Splices near the ends of reads can be particularly difficult to align, as a minimum amount of 
sequence is needed to confidently identify exon boundaries. Accuracy improved when the 
assessment was restricted to splices located between positions 20 and 57 in the 76-nt reads, 
but the same four methods still performed best (Supplementary Fig. 16). The use of 
simulated data further allowed us to measure the rate at which splices were detected in 
individual reads as a function of true coverage at corresponding junctions. Most protocols 
displayed decreased sensitivity at junctions covered by <5 reads (Supplementary Fig. 17). 
This reflects the reliance on junction coverage by alignment algorithms to increase 
precision. Accordingly, the trend was absent for methods that align each read independently 
(BAGET, GSNAP, PASS, SMALT and STAR 1-pass). Notably, the annotation-based 
GSNAP protocol achieved high sensitivity irrespective of junction coverage (Supplementary 
Fig. 17). 

The number of false junction calls was considerable for most protocols but was greatly 
reduced if junctions were filtered by supporting alignment counts (Fig. 5c). At a threshold of 
two alignments, GSTRUCT outperformed most other methods on both simulated data sets 
when assessed by numbers of true and false junction calls (Fig. 5c and Supplementary 
Tables 2 and 9).
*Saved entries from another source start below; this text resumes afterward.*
-- ===== src/Tracker/Alone.antt =====
-- A thread that runs alone, from whatever memory the others have left, returns from `add_timestamp`.
use uruv.Common.{
  ℕ, suc, ◌+◌, ◌≤◌, ◌≡◌, ◌≢◌, refl, ap, ◌∙◌, arith, inl, inr, ◌==◌, Bool-cases, ==→≡, ==_refl, ≢→==,
}
use mathlib.Core.Path.{subst}
use uruv.Machine.{Returns, ◌>>◌}
use uruv.Tracker.{Tracker, sentinel_last, null, add_timestamp, help_tail}
use uruv.Tracker.Chain.{Link, Inv, Link-last, Link-unique, Link-later}
use uruv.Tracker.Steps.{published, published-Follows, published-Inv, swung, swung-Inv}
use uruv.Tracker.Claims.{is_node-true}

-- The memory is well formed, the result is the tail, made by this thread, and its timestamp is the
-- next one after `k`.
abbrev pub Added : (tid k a : ℕ) → Tracker → Type 0
Added tid k a t = Inv t × (t.tail ≡ a) × (t.owner a ≡ tid) × (t.ts a ≡ k + 1)

module _ (s : Tracker) (inv : Inv s) where
  -- The tail is the last node.
  at_end : s.next s.tail ≡ sentinel_last → s.ts s.tail ≡ inv.last
  at_end e = omega (
    arith,
    inv.tail_near,
    (inv.each inv.tail_index s.tail inv.tail_link).2,
    Link-last s inv.tail_index inv.last s.tail inv.end inv.tail_link e inv.end_link,
  )

  -- The tail lags behind: the node after it is the last one.
  one_behind : s.next s.tail ≢ sentinel_last → s.next (s.next s.tail) ≡ sentinel_last
  one_behind ne =
      let link : Link s (suc inv.tail_index) (s.next s.tail) = (s.tail, inv.tail_link, refl, ne) in
      let le =
        Link-last s inv.last (suc inv.tail_index) inv.end (s.next s.tail) inv.end_link inv.end_next
          link in
      let eq : inv.last ≡ suc inv.tail_index = omega (arith, inv.tail_near) in
      let link' : Link s (suc inv.tail_index) inv.end =
        subst (λ k. Link s k inv.end) eq inv.end_link in
      ap s.next (Link-unique s (suc inv.tail_index) (s.next s.tail) inv.end link link')
      ∙ inv.end_next

  behind_end : s.next s.tail ≢ sentinel_last → s.ts (s.next s.tail) ≡ inv.last
  behind_end ne =
      let link : Link s (suc inv.tail_index) (s.next s.tail) = (s.tail, inv.tail_link, refl, ne) in
      omega (
        arith,
        inv.tail_near,
        (inv.each (suc inv.tail_index) (s.next s.tail) link).2,
        Link-last s inv.last (suc inv.tail_index) inv.end (s.next s.tail) inv.end_link inv.end_next
            link,
      )

module _ (tid inner fuel : ℕ) where
  -- With the tail up to date the first attempt succeeds.
  add_at_end :
      (s : Tracker) (inv : Inv s)
      → s.next s.tail ≡ sentinel_last
      → Returns (add_timestamp tid inner (suc fuel)) (Added tid (s.ts s.tail)) s
  unfolding add_timestamp
  add_at_end s inv e =
      let i = inv.tail_index in
      let c = s.tail in
      let (big, small, at) = inv.each i c inv.tail_link in
      let stamp : s.ts c + 1 ≡ i + 1 = omega arith in
      let behind : i ≤ s.ts c = omega arith in
      let p = published s tid c (s.ts c + 1) in
      let o' = published-Follows s tid c (s.ts c + 1) inv i inv.tail_link e stamp behind in
      let p_inv = published-Inv s tid c (s.ts c + 1) inv i inv.tail_link e stamp behind in
      let l' = Link-later s p i c inv o' inv.tail_link in
      let next_is : p.next c ≡ s.top = ground arith in
      let ne : s.top ≢ sentinel_last = λ q. absurd (omega arith) in
      let top_ne : s.top ≢ null = λ q. absurd (omega arith) in
      let ok = is_node-true c i s inv inv.tail_link in
      let swing = swung-Inv p p_inv i s.top l' next_is ne in
      let last : Added tid (s.ts c) s.top (swung p p_inv i s.top l' next_is ne) =
        (swing, refl, ground arith, ground arith) in
      (
        s,
        refl,
        (
          s,
          rw ok refl,
          (
            p,
            rw (ok, e) refl,
            rw (e, ≢→== s.top null top_ne)
                (swung p p_inv i s.top l' next_is ne, rw (==_refl c) refl, last),
          ),
        ),
      )

-- With the tail behind the first attempt fails, and helping moves the tail.
add_behind :
    (tid inner fuel : ℕ) (s : Tracker) (inv : Inv s)
    → s.next s.tail ≢ sentinel_last
    → Returns
        (add_timestamp tid (suc (suc inner)) (suc (suc fuel)))
        (Added tid (s.ts (s.next s.tail)))
        s
unfolding add_timestamp
add_behind tid inner fuel s inv ne =
    let i = inv.tail_index in
    let n = s.next s.tail in
    let ok = is_node-true s.tail i s inv inv.tail_link in
    let t = swung s inv i n inv.tail_link refl ne in
    let t_inv = swung-Inv s inv i n inv.tail_link refl ne in
    let t_ok = is_node-true n t_inv.tail_index t t_inv t_inv.tail_link in
    let e = one_behind s inv ne in
    let again = add_at_end tid (suc (suc inner)) fuel t t_inv e in
    let helped : Returns (help_tail (suc inner) >> add_timestamp tid (suc (suc inner)) (suc fuel))
        (Added tid (s.ts n)) t =
      (t, refl, (t, rw t_ok refl, rw e again)) in
    let fails = ≢→== n sentinel_last ne in
    (
      s,
      refl,
      (
        s,
        rw ok refl,
        (
          s,
          rw (ok, fails) refl,
          rw fails (
            s,
            refl,
            (s, rw ok refl, rw fails (s, rw ok refl, (t, rw (==_refl s.tail) refl, helped))),
          ),
        ),
      ),
    )

-- From any well-formed memory a thread that runs alone returns from `add_timestamp`, in its first
-- attempt or, if the tail lags behind, in its second. The memory stays well formed, its new tail is
-- the result, made by this thread, with the timestamp after that of the last node.
pub add_timestamp-Returns :
    (tid inner fuel : ℕ) (s : Tracker) (inv : Inv s)
    → Returns (add_timestamp tid (suc (suc inner)) (suc (suc fuel))) (Added tid inv.last) s
add_timestamp-Returns tid inner fuel s inv = elim (Bool-cases (s.next s.tail == sentinel_last)) [
  | inl t ↦
      let e = ==→≡ (s.next s.tail) sentinel_last t in
      subst (λ k. Returns (add_timestamp tid (suc (suc inner)) (suc (suc fuel))) (Added tid k) s)
        (at_end s inv e) (add_at_end tid (suc (suc inner)) (suc fuel) s inv e)
  | inr f ↦
      let ne : s.next s.tail ≢ sentinel_last = λ e. absurd (ground arith) in
      subst (λ k. Returns (add_timestamp tid (suc (suc inner)) (suc (suc fuel))) (Added tid k) s)
        (behind_end s inv ne) (add_behind tid inner fuel s inv ne)
]
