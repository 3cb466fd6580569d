-- ===== src/IniReader/Printer.antt =====
-- Configurations written as text, in the form that src/cIniReader.cpp reads.
use pquery.Prelude.{ℕ, Bool, false, ◌||◌, List, [], ◌∷◌, ◌++◌, ◌≡◌, ◌≢◌, ◌==◌, Bytes, codes, All}
use pquery.IniReader.Reader.{Entries, Configuration, assign_value}
use pquery.IniReader.Syntax.{IsKey, IsValue}

abbrev pub entry_line : Bytes → Bytes → Bytes
entry_line key value = key ++ (codes " = " ++ value)

abbrev pub section_header : Bytes → Bytes
section_header name = b'[' ∷ (name ++ b']' ∷ [])

abbrev pub entry_lines : Entries → List Bytes
entry_lines [] = []
entry_lines ((key, value) ∷ entries) = entry_line key value ∷ entry_lines entries

abbrev pub config_lines : Configuration → List Bytes
config_lines [] = []
config_lines ((name, entries) ∷ config) =
    section_header name ∷ (entry_lines entries ++ config_lines config)

abbrev pub unlines : List Bytes → Bytes
unlines [] = []
unlines (line ∷ lines) = line ++ b'\n' ∷ unlines lines

-- The text of a configuration: each section with its entries below it.
unfoldable pub print_config : Configuration → Bytes
print_config config = unlines (config_lines config)

abbrev pub InLine : ℕ → Type 0
InLine c = (c == b'\n') ≡ false

-- A name with no bracket and no newline.
abbrev pub IsName : Bytes → Type 0
IsName name = (name ≢ []) × All (λ c. c ≢ b']') name × All InLine name

-- What begins a comment or a section.
unfoldable pub is_mark : ℕ → Bool
is_mark c = c == b';' || (c == b'#' || (c == b'-' || c == b'['))

abbrev pub StartsPlain : Bytes → Type 0
StartsPlain [] = Unit
StartsPlain (c ∷ key) = is_mark c ≡ false

abbrev pub IsEntry : Bytes × Bytes → Type 0
IsEntry (key, value) =
    IsKey key × StartsPlain key × All InLine key × IsValue value × All InLine value

-- A configuration that can be written in this form.
abbrev pub IsPrintable : Configuration → Type 0
IsPrintable [] = Unit
IsPrintable ((name, entries) ∷ config) = IsName name × All IsEntry entries × IsPrintable config

-- The assignments of a configuration, one after the other.
abbrev pub write_entries : Bytes → Entries → Configuration → Configuration
write_entries section [] map = map
write_entries section ((key, value) ∷ entries) map =
    write_entries section entries (assign_value section key value map)

abbrev pub write_config : Configuration → Configuration → Configuration
write_config [] map = map
write_config ((name, entries) ∷ config) map = write_config config (write_entries name entries map)

abbrev pub names : Configuration → List Bytes
names [] = []
names ((name, entries) ∷ config) = name ∷ names config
MapSplice displayed similar performance on the first simulated data set, 
but only if used without annotation. 

The simulated transcriptomes contain a subset of splice junctions in the Ensembl annotation 
as well as junctions from other gene catalogs and those created by simulating alternate 
isoforms of known genes. This corresponds to a realistic scenario wherein a subset of known 
transcripts are expressed in the assayed sample and knowledge of the transcriptome is 
incomplete. Protocols using annotation recovered nearly all of the known junctions in 
expressed transcripts, but most of these protocols also aligned reads at thousands of 
annotated junctions that were not expressed the simulated transcriptomes (Fig. 5d). This 
effect was particularly severe for TopHat2, PALMapper and STAR. For novel-junction 
discovery, GSTRUCT and MapSplice outperformed other methods (Fig. 5e). 

Most programs could detect three or more splices per read, but PASS and PALMapper 
rarely reported more than two, and BAGET and SMALT never reported more than one 
(Supplementary Fig. 18 and Supplementary Table 10). In general, ReadsMap, STAR and the 
annotation-based TopHat2 protocol produced the most primary alignments with at least 
three splices. The last protocol was also the most sensitive for recovering such multiintron 
alignments from the simulated reads (recall = 79.3% for simulation 1; Supplementary Table 
11). Among the protocols run without annotation, ReadsMap exhibited the best recall for 
alignments spanning three or more introns (72.1%), followed by the 2-pass version of STAR 
(70.7%) and GSTRUCT (65.8%). However, ReadsMap also exhibited exceptionally low 
precision for such alignments (Supplementary Table 11).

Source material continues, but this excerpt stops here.